What you are asked to do: Determine how many lines in the records include "deleted". Write the number and nothing more.

Saved entries:
○ ○ ○ ○ ○ ○ ○

-- ===== src/Document/Positions/RoundTrip.antt =====
-- crdt_editor/src/document.cpp: from an element to its place and back, as the cursor goes.
use crdt_networking_applicat.Prelude.{
  ℕ, ◌<◌, ◌≡◌, ◌≢◌, sym, ap, subst, ◌∙◌, ◌⊎◌, inl, inr, true, false, some, List, [], ◌∷◌, In, arith,
  if_pos, if_neg, Bool-cases,
}
use crdt_networking_applicat.Prelude.Maps.{lookup, same_key, lookup_of_contains}
use crdt_networking_applicat.Ids.{ElementId, id_key, root_id}
use crdt_networking_applicat.Operation.{Character, InsertOperation}
use crdt_networking_applicat.Outcome.{ok}
use crdt_networking_applicat.Document.{Document}
use crdt_networking_applicat.Document.History.{Holds}
use crdt_networking_applicat.Document.Visit.{Place, start, past, at_place, get_line_column}
use crdt_networking_applicat.Document.Visit.Fold.{is_visible, visible, element_at-ok}
use crdt_networking_applicat.Document.Visit.Members.{mem-visible, is_visible-Has}
use crdt_networking_applicat.Document.Visit.Render.{char_of, get_character-ok}
use crdt_networking_applicat.Document.Queries.{get_element_at, get_anchor_at, get_cursor_position}
use crdt_networking_applicat.Document.Positions.{
  position, element, anchor, place_or_throw, get_line_column-position, get_element_at-element,
  get_anchor_at-anchor,
}

-- `p` comes before `q` in the text.
abbrev Before : Place → Place → Type 0
Before p q = (p.line < q.line) ⊎ ((p.line ≡ q.line) × (p.column < q.column))

Before-trans : (p q r : Place) → Before p q → Before q r → Before p r
Before-trans p q r h k = ground arith

pub Before-past : (c : ℕ) (p : Place) → Before p (past c p)
unfolding past
Before-past c p = ground arith

at_place-Before : (p q : Place) → Before p q → at_place p q ≡ false
at_place-Before p q h = ground arith

at_place_self : (p : Place) → at_place p p ≡ true
at_place_self p = ground arith

module _ (d : Document) (x : ElementId) where
  -- An element stands at the place where the search starts, or behind it.
  position-Before :
      (xs : List ElementId) (p r : Place) → position d x p xs ≡ some r → (p ≡ r) ⊎ Before p r
  unfolding position
  position-Before [] p r e = cc
  position-Before (y ∷ ys) p r e = elim (same_key y x) [
    | yes here ↦ inl (cc (rw (if_pos (same_key y x) here) at e))
    | no n ↦
        let next = past (char_of d y) p in
        elim (position-Before ys next r (rw (if_neg (same_key y x) n) at e)) [
          | inl s ↦ inr (subst (Before p) s (Before-past (char_of d y) p))
          | inr b ↦ inr (Before-trans p next r (Before-past (char_of d y) p) b)
        ]
  ]

  -- The elements in front of the one that is sought stand before it.
  passed :
      (y : ElementId) (ys : List ElementId) (p r : Place)
      → position d x (past (char_of d y) p) ys ≡ some r
      → Before p r
  passed y ys p r e = elim (position-Before ys (past (char_of d y) p) r e) [
    | inl s ↦ subst (Before p) s (Before-past (char_of d y) p)
    | inr b ↦ Before-trans p (past (char_of d y) p) r (Before-past (char_of d y) p) b
  ]

  element-position :
      (xs : List ElementId) (p r : Place) → position d x p xs ≡ some r → element d r p xs ≡ some x
  unfolding position element
  element-position [] p r e = cc
  element-position (y ∷ ys) p r e = elim (same_key y x) [
    | yes here ↦
        let same : p ≡ r = cc (rw (if_pos (same_key y x) here) at e) in
        rw (subst (λ q. at_place p q ≡ true) same (at_place_self p)) (ap some here)
    | no n ↦
        let later = rw (if_neg (same_key y x) n) at e in
        rw (at_place-Before p r (passed y ys p r later))
          (element-position ys (past (char_of d y) p) r later)
  ]

  -- The place behind the element is found again, whatever follows.
  anchor-here :
      (q : Place) (previous : ElementId) (xs : List ElementId)
      → anchor d q q previous xs ≡ some previous
  unfolding anchor
  anchor-here q previous [] = rw (at_place_self q)
  anchor-here q previous (y ∷ ys) = rw (at_place_self q)

  anchor-position :
      (xs : List ElementId) (p r : Place) (previous : ElementId)
      → position d x p xs ≡ some r
      → anchor d (past (char_of d x) r) p previous xs ≡ some x
  unfolding position anchor
  anchor-position [] p r previous e = cc
  anchor-position (y ∷ ys) p r previous e = elim (same_key y x) [
    | yes here ↦
        let same : p ≡ r = cc (rw (if_pos (same_key y x) here) at e) in
        rw
          (subst (λ q. at_place p (past (char_of d x) q) ≡ false) same
            (at_place-Before p (past (char_of d x) p) (Before-past (char_of d x) p)))
          (subst (λ z. anchor d (past (char_of d x) r) (past (char_of d z) p) z ys ≡ some x)
            (sym here)
            (subst (λ q. anchor d (past (char_of d x) q) (past (char_of d x) p) x ys ≡ some x) same
              (anchor-here (past (char_of d x) p) x ys)))
    | no n ↦
        let later = rw (if_neg (same_key y x) n) at e in
        let target = past (char_of d x) r in
        rw
          (at_place-Before p target
            (Before-trans p r target (passed y ys p r later) (Before-past (char_of d x) r)))
          (anchor-position ys (past (char_of d y) p) r y later)
  ]

  pub position-In :
      (xs : List ElementId) (p : Place) → In x xs → (r : Place) × (position d x p xs ≡ some r)
  unfolding position
  position-In [] p m = absurd m
  position-In (y ∷ ys) p (inl e) = (p, if_pos (same_key y x) (sym e) _ _)
  position-In (y ∷ ys) p (inr m) = elim (same_key y x) [
    | yes here ↦ (p, if_pos (same_key y x) here _ _)
    | no n ↦
        let (r, e) = position-In ys (past (char_of d y) p) m in (r, if_neg (same_key y x) n _ _ ∙ e)
  ]

module _ {T : InsertOperation → Type 0} {R : ElementId → Type 0} {d : Document}
    (v : Holds T R d) where
  -- In a document that some history of operations leaves, each visible element has a line and a
  -- column, and get_element_at finds the element there again.
  pub get_element_at-get_line_column :
      (x : ElementId)
      → is_visible d x ≡ true
      → (p : Place) × (get_line_column d x ≡ ok p) × (get_element_at d p ≡ ok (some x))
  get_element_at-get_line_column x s =
      let (p, e) = position-In d x (visible d) start ((mem-visible v x).1 s) in
      (
        p,
        get_line_column-position v x ∙ ap place_or_throw e,
        get_element_at-element v p ∙ ap ok (element-position d x (visible d) start p e),
      )

  pub visible_element :
      (x : ElementId)
      → is_visible d x ≡ true
      → (c : Character) × (lookup x d.elements ≡ some c) × (c.deleted ≡ false) × (x ≢ root_id)
  unfolding is_visible
  visible_element x s = elim (same_key x root_id) [
    | yes e ↦ absurd (cc (sym (if_pos (same_key x root_id) e _ _) ∙ s))
    | no n ↦
        let (c, found) = lookup_of_contains x d.elements (is_visible-Has v x s) in
        elim (Bool-cases c.deleted) [
          | inl gone ↦ absurd (cc (rw (if_neg (same_key x root_id) n, found, gone) at s))
          | inr alive ↦ (c, found, alive, n)
        ]
  ]

  -- The place of the cursor behind a visible element.
  pub cursor_behind :
      (x : ElementId) (r : Place)
      → is_visible d x ≡ true
      → get_line_column d x ≡ ok r
      → get_cursor_position d x ≡ ok (past (char_of d x) r)
  unfolding get_cursor_position past
  cursor_behind x r s e =
      let (c, found, alive, n) = visible_element x s in
      let there = is_visible-Has v x s in
      rw
        (
          if_neg (same_key x root_id) n,
          there,
          element_at-ok d x c found,
          alive,
          e,
          get_character-ok d x there,
        )
        (ground arith)

  -- In a document that some history of operations leaves, the cursor behind the root or behind a
  -- visible element has a place, and get_anchor_at finds the anchor there again.
  pub get_anchor_at-get_cursor_position :
      (x : ElementId)
      → (x ≡ root_id) ⊎ (is_visible d x ≡ true)
      → (p : Place) × (get_cursor_position d x ≡ ok p) × (get_anchor_at d p ≡ ok (some x))
  get_anchor_at-get_cursor_position x (inl e) = (
    start,
    unfold get_cursor_position in if_pos (same_key x root_id) e _ _,
    get_anchor_at-anchor v start
        ∙ ap ok (anchor-here d x start root_id (visible d) ∙ ap some (sym e)),
  )
  get_anchor_at-get_cursor_position x (inr s) =
      let (r, e) = position-In d x (visible d) start ((mem-visible v x).1 s) in
      (
        past (char_of d x) r,
        cursor_behind x r s (get_line_column-position v x ∙ ap place_or_throw e),
        get_anchor_at-anchor v (past (char_of d x) r)
            ∙ ap ok (anchor-position d x (visible d) start r root_id e),
      )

○ ○ ○ ○ ○ ○ ○

Solution for this problem: 2